*INPUT MATERIAL*.
>>>

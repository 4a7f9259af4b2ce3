-- ===== src/Lint/Main.antt =====
-- `main` of embedjson_lint.c.
use embedjson.Base.Bytes.{same_bytes}
use embedjson.Base.{ℕ, zero, suc, true, List, [], ◌∷◌, Option, none, some, if◌then◌else◌}
use embedjson.Client.{Client}
use embedjson.Common.Messages.{strerror}
use embedjson.Common.{Position, null_position, at, Outcome, ret, fault}
use embedjson.Config.{Config}
use embedjson.Lexer.Double.{Doubles}
use embedjson.Lexer.{Lexer, initial_lexer}
use embedjson.Lint.{Lint, initial_lint, Complaint, lint_client}
use embedjson.Parser.Api.{initial_parser, push, finalize}
use embedjson.Parser.{Parser}

abbrev pub short_verbose : List ℕ
short_verbose = b'-' ∷ b'v' ∷ []

abbrev pub long_verbose : List ℕ
long_verbose = b'-' ∷ b'-' ∷ b'v' ∷ b'e' ∷ b'r' ∷ b'b' ∷ b'o' ∷ b's' ∷ b'e' ∷ []

-- `error_position ? *error_position : '?'`, where `ch` is the buffer of one byte that was handed
-- to the parser. `none` is a read outside of it.
unfoldable pub symbol_at : Position → ℕ → Option ℕ
symbol_at null_position ch = some b'?'
symbol_at (at zero) ch = some ch
symbol_at _ ch = none

module _ {D : Type 0} where
  abbrev pub argument : List ℕ → Lint D → Lint D
  argument arg u =
      if same_bytes arg short_verbose
      then record u { verbose = true }
      else if same_bytes arg long_verbose
      then record u { verbose = true }
      else record u { input_file = some arg }

  -- The loop over `argv`, from `argv[1]` on.
  unfoldable pub arguments : List (List ℕ) → Lint D → Lint D
  arguments [] u = u
  arguments (arg ∷ rest) u = arguments rest (argument arg u)

  -- The message to stderr and the exit status behind an error; `none` is a read outside the buffer.
  unfoldable pub complained : ℕ → Lint D → Option ℕ → Outcome (Lint D)
  complained err u none = fault
  complained err u (some symbol) =
      let complaint : Complaint = record { symbol = symbol; message = strerror u.error_code } in
      ret err (record u { complaints = complaint ∷ u.complaints })

  abbrev pub complain : ℕ → ℕ → Lint D → Outcome (Lint D)
  complain err ch u = complained err u (symbol_at u.error_position ch)

  -- Behind a call of the library: `if (err) { …; return err; }`
  abbrev pub reported :
      {A : Type 0}
      → ℕ
      → (A → Parser (Lint D))
      → Outcome A
      → (A → Option (Outcome (Lint D)))
      → Option (Outcome (Lint D))
  reported ch parser_of (ret zero a) rest = rest a
  reported ch parser_of (ret (suc err) a) rest = some (complain (suc err) ch (parser_of a).user)
  reported ch parser_of fault rest = some fault

module _ {D : Type 0} (cfg : Config) (fl : Doubles D) (client : Client (Lint D) D) where
  -- Behind the loop: `ch` is the last byte that was read.
  unfoldable pub close_input : ℕ → Lexer → Parser (Lint D) → Option (Outcome (Lint D))
  close_input ch lex p =
      reported ch (λ p'. p') (finalize cfg fl client lex p) (λ p'. some (ret 0 p'.user))

  -- `while (read(fd, &ch, 1) > 0)`, over the bytes that `read` delivers.
  unfoldable pub read_loop : List ℕ → ℕ → Lexer → Parser (Lint D) → Option (Outcome (Lint D))
  read_loop [] ch lex p = close_input ch lex p
  read_loop (c ∷ rest) ch lex p = elim (push cfg fl client lex p (c ∷ [])) [
    | none ↦ none
    | some m ↦ reported c (λ o. o.1) m (λ o. read_loop rest c o.0 o.1)
  ]

-- `main`. `input` says which bytes `read` delivers from a file, or from the standard input where there
-- is no name, and none where `open` fails. The bytes of a static stack are those that `memset` clears.
unfoldable pub main :
    {D : Type 0}
    → Config
    → Doubles D
    → (List ℕ → ℕ → Option (List ℕ))
    → (Option (List ℕ) → List ℕ)
    → List ℕ
    → List (List ℕ)
    → Option (Outcome (Lint D))
main cfg fl realloc input stack argv =
    let u = arguments argv initial_lint in
    read_loop cfg fl (lint_client realloc) (input u.input_file) 0 initial_lexer
      (initial_parser stack 0 u)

<<<

*WHAT THE EXERCISE ASKS*. Set down exactly the lines from the start of the records to the line with "complain err ch". Include that line, and add nothing more.

*REPLY*.
repository 4a7f9259af4b2ce3
-- ===== src/Lint/Main.antt =====
-- `main` of embedjson_lint.c.
use embedjson.Base.Bytes.{same_bytes}
use embedjson.Base.{ℕ, zero, suc, true, List, [], ◌∷◌, Option, none, some, if◌then◌else◌}
use embedjson.Client.{Client}
use embedjson.Common.Messages.{strerror}
use embedjson.Common.{Position, null_position, at, Outcome, ret, fault}
use embedjson.Config.{Config}
use embedjson.Lexer.Double.{Doubles}
use embedjson.Lexer.{Lexer, initial_lexer}
use embedjson.Lint.{Lint, initial_lint, Complaint, lint_client}
use embedjson.Parser.Api.{initial_parser, push, finalize}
use embedjson.Parser.{Parser}

abbrev pub short_verbose : List ℕ
short_verbose = b'-' ∷ b'v' ∷ []

abbrev pub long_verbose : List ℕ
long_verbose = b'-' ∷ b'-' ∷ b'v' ∷ b'e' ∷ b'r' ∷ b'b' ∷ b'o' ∷ b's' ∷ b'e' ∷ []

-- `error_position ? *error_position : '?'`, where `ch` is the buffer of one byte that was handed
-- to the parser. `none` is a read outside of it.
unfoldable pub symbol_at : Position → ℕ → Option ℕ
symbol_at null_position ch = some b'?'
symbol_at (at zero) ch = some ch
symbol_at _ ch = none

module _ {D : Type 0} where
  abbrev pub argument : List ℕ → Lint D → Lint D
  argument arg u =
      if same_bytes arg short_verbose
      then record u { verbose = true }
      else if same_bytes arg long_verbose
      then record u { verbose = true }
      else record u { input_file = some arg }

  -- The loop over `argv`, from `argv[1]` on.
  unfoldable pub arguments : List (List ℕ) → Lint D → Lint D
  arguments [] u = u
  arguments (arg ∷ rest) u = arguments rest (argument arg u)

  -- The message to stderr and the exit status behind an error; `none` is a read outside the buffer.
  unfoldable pub complained : ℕ → Lint D → Option ℕ → Outcome (Lint D)
  complained err u none = fault
  complained err u (some symbol) =
      let complaint : Complaint = record { symbol = symbol; message = strerror u.error_code } in
      ret err (record u { complaints = complaint ∷ u.complaints })

  abbrev pub complain : ℕ → ℕ → Lint D → Outcome (Lint D)
  complain err ch u = complained err u (symbol_at u.error_position ch)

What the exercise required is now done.